The maintain context reads the full artifact ($S$ input tokens) and produces an edit envelope ($d$ output tokens, where $d$ is typically 1–5% of $S$). The apply engine resolves the edit at zero token cost (CPU, ~2μs).
- Output token reduction: $d$ instead of $S$ per edit (95–99% fewer output tokens)
- Context flattening: each edit reads only the current artifact ($S$), not all prior versions ($k \cdot S$ at edit $k$)
- Model asymmetry: the maintain context can use a cheaper model, multiplying savings further
Example (2,000-token artifact, 30-token edit, $r = p_{\text{out}}/p_{\text{in}} = 4\text{x}$):
| After $N$ edits | Naive conversation | GAP | Total savings |
|---|---|---|---|
| 1 | $0.071 | $0.039 | 45% |
| 5 | $0.304 | $0.070 | 77% |
| 10 | $0.763 | $0.107 | 86% |
Payload benchmarks
Payload size and apply time for each envelope type, measured against an 8 KB HTML dashboard fixture.
Note: "Payload savings" measures byte reduction — a proxy for output token reduction but not identical (tokenizers vary).
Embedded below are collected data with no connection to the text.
-- ===== src/Transaction/Strand.antt =====
-- src/transaction.rs: the strand of submitted journals is a chain of distinct anchors whose submit
-- instants count down to 1, and submitting a journal adds the next instant to it.
use elektro_em_eukal.Base.{
  ℕ, suc, ◌^◌, ◌<◌, ◌≡◌, ◌≢◌, refl, sym, subst, ◌∙◌, ap, Bool, true, Option, none, some, List, [],
  ◌∷◌, arith, All, length, update,
}
use elektro_em_eukal.Anchors.{Store, JournalAnchor, set_next, submit, rollback, commit}
use elektro_em_eukal.Transaction.{Transaction, submit_journal, link_journal}

abbrev pub Chain : Store → Option ℕ → List ℕ → Type 0
Chain st head [] = head ≡ none
Chain st head (j ∷ js) =
    (head ≡ some j)
    × ((st.journals j).submit_instant ≡ suc (length js))
    × All (λ k. j ≢ k) js
    × Chain st (st.journals j).next js

-- Two stores with the same anchors on a list of journals have the same chain there.
abbrev pub Agree : Store → Store → List ℕ → Type 0
Agree st st' js = All (λ k. st'.journals k ≡ st.journals k) js

pub Chain-frame :
    (st st' : Store) (js : List ℕ) (head : Option ℕ)
    → Agree st st' js
    → Chain st head js
    → Chain st' head js
Chain-frame st st' [] head a c = c
Chain-frame st st' (j ∷ js) head (e, a) (h, i, d, c) = (
  h,
  ap (λ (x : JournalAnchor). x.submit_instant) e ∙ i,
  d,
  Chain-frame st st' js _ a (subst (λ (x : JournalAnchor). Chain st x.next js) (sym e) c),
)

-- A write to another anchor leaves the chain alone.
pub Agree-update :
    (st st' : Store) (j : ℕ) (a : JournalAnchor) (js : List ℕ)
    → ((k : ℕ) → st'.journals k ≡ update st.journals j a k)
    → All (λ k. j ≢ k) js
    → Agree st st' js
Agree-update st st' j a [] h d = tt
Agree-update st st' j a (k ∷ js) h (n, d) = (ground (arith, h k), Agree-update st st' j a js h d)

module _ (st : Store) (j k : ℕ) where
  pub submit_journals :
      (submit j st).journals k
      ≡ update st.journals j (record (st.journals j) { submitted = true }) k
  unfolding submit
  submit_journals = ground arith

  pub rollback_journals :
      (rollback j st).journals k
      ≡ update st.journals j (record (st.journals j) { rolled_back = true }) k
  unfolding rollback
  rollback_journals = ground arith

  pub commit_journals : (commit j st).journals k ≡ st.journals k
  unfolding commit
  commit_journals = ground arith

module _ (st : Store) (j k : ℕ) (next : Option ℕ) where
  pub set_next_journals : j ≢ k → (set_next j next st).0.journals k ≡ st.journals k
  unfolding set_next
  set_next_journals h = ground arith

-- The head of the strand that the last compare-and-exchange expects.
abbrev pub last_seen : Option ℕ → List (Option ℕ) → Option ℕ
last_seen head [] = head
last_seen head (actual ∷ more) = last_seen actual more

abbrev Linked : ℕ → Option ℕ → List ℕ → Store → Store × ℕ → Type 0
Linked j head js st (st', instant) =
    Agree st st' js
    × ((st'.journals j).next ≡ head)
    × ((st'.journals j).submit_instant ≡ suc (length js))
    × (instant ≡ suc (length js))

pub Agree-set_next :
    (st : Store) (j : ℕ) (next : Option ℕ) (js : List ℕ)
    → All (λ k. j ≢ k) js
    → Agree st (set_next j next st).0 js
Agree-set_next st j next [] d = tt
Agree-set_next st j next (k ∷ js) (n, d) =
    (set_next_journals st j k next n, Agree-set_next st j next js d)

set_next-Linked :
    (st : Store) (j : ℕ) (head : Option ℕ) (js : List ℕ)
    → Chain st head js
    → All (λ k. j ≢ k) js
    → suc (length js) < 2 ^ 32
    → let r = set_next j head st in Linked j head js st (r.0, r.2)
unfolding set_next
set_next-Linked st j head [] c d l = (tt, ground arith, ground arith, ground arith)
set_next-Linked st j head (k ∷ js) c d l =
    (Agree-set_next st j head (k ∷ js) d, ground arith, ground arith, ground arith)

pub Agree-trans : (a b c : Store) (js : List ℕ) → Agree a b js → Agree b c js → Agree a c js
Agree-trans a b c [] h k = tt
Agree-trans a b c (j ∷ js) (e, h) (e', k) = (e' ∙ e, Agree-trans a b c js h k)

link_journal-Linked :
    (more : List (Option ℕ)) (st : Store) (j : ℕ) (head : Option ℕ) (js : List ℕ)
    → Chain st (last_seen head more) js
    → All (λ k. j ≢ k) js
    → suc (length js) < 2 ^ 32
    → Linked j (last_seen head more) js st (link_journal j head more st)
unfolding link_journal
link_journal-Linked [] st j head js c d l = set_next-Linked st j head js c d l
link_journal-Linked (actual ∷ more) st j head js c d l =
    let st1 = (set_next j head st).0 in
    let agree = Agree-set_next st j head js d in
    let (a, n, i, r) =
      link_journal-Linked more st1 j actual js (Chain-frame st st1 js _ agree c) d l in
    (Agree-trans st st1 (link_journal j actual more st1).0 js agree a, n, i, r)

-- Submitting a journal puts it on top of the strand that the last compare-and-exchange finds,
-- whatever other journals were submitted before that, gives it the next instant of the
-- transaction, and marks it submitted. It wants a journal that is not in the strand, and fewer
-- than 2^32 - 1 journals there.
pub submit_journal-Chain :
    (j : ℕ) (has_log_buffer : Bool) (epoch : Option ℕ) (interference : List (Option ℕ))
    (t : Transaction) (st : Store) (js : List ℕ)
    → Chain st (last_seen t.journal_strand interference) js
    → All (λ k. j ≢ k) js
    → suc (length js) < 2 ^ 32
    → let r = submit_journal j has_log_buffer epoch interference t st in
      (r.2 ≡ suc (length js))
      × Chain r.1 r.0.journal_strand (j ∷ js)
      × ((r.1.journals j).submitted ≡ true)
unfolding submit_journal
submit_journal-Chain j has_log_buffer epoch interference t st js c d l =
    let linked = link_journal j t.journal_strand interference st in
    let st1 = linked.0 in
    let (a, n, i, r) = link_journal-Linked interference st j t.journal_strand js c d l in
    let own = submit_journals st1 j j in
    let rest =
      Chain-frame st1 (submit j st1) js _
        (Agree-update st1 (submit j st1) j _ js (submit_journals st1 j) d)
        (Chain-frame st st1 js _ a c) in
    (
      r,
      (
        refl,
        ground (arith, own, i),
        d,
        subst (λ h. Chain (submit j st1) h js) (ground (arith, own, n)) rest,
      ),
      ground (arith, own),
    )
See cost model for the full derivation.
| Envelope | Scenario | Payload | % of Full | Payload savings | Apply Time |
|---|---|---|---|---|---|
| synthesize | Full generation (baseline) | 8,164 B | 100.0% | — | 1 ns |
| edit | 1 value replace (ID targeting) | 12 B | 0.1% | 99.9% | 1.5 µs |
| edit | 4 value replaces (ID targeting) | 50 B | 0.6% | 99.4% | 3.5 µs |
| edit | 1 section replace (ID targeting) | 441 B | 5.4% | 94.6% | 1.4 µs |
| edit | 2 section replaces (ID targeting) | 516 B | 6.3% | 93.7% | 3.8 µs |
License
This project is dual-licensed:
- Code (
src/,evals/,benches/, build files) — Apache License 2.0 - Specification & docs (
spec/,assets/, documentation) — CC-BY 4.0
See NOTICE for details. Attribution is required under both licenses.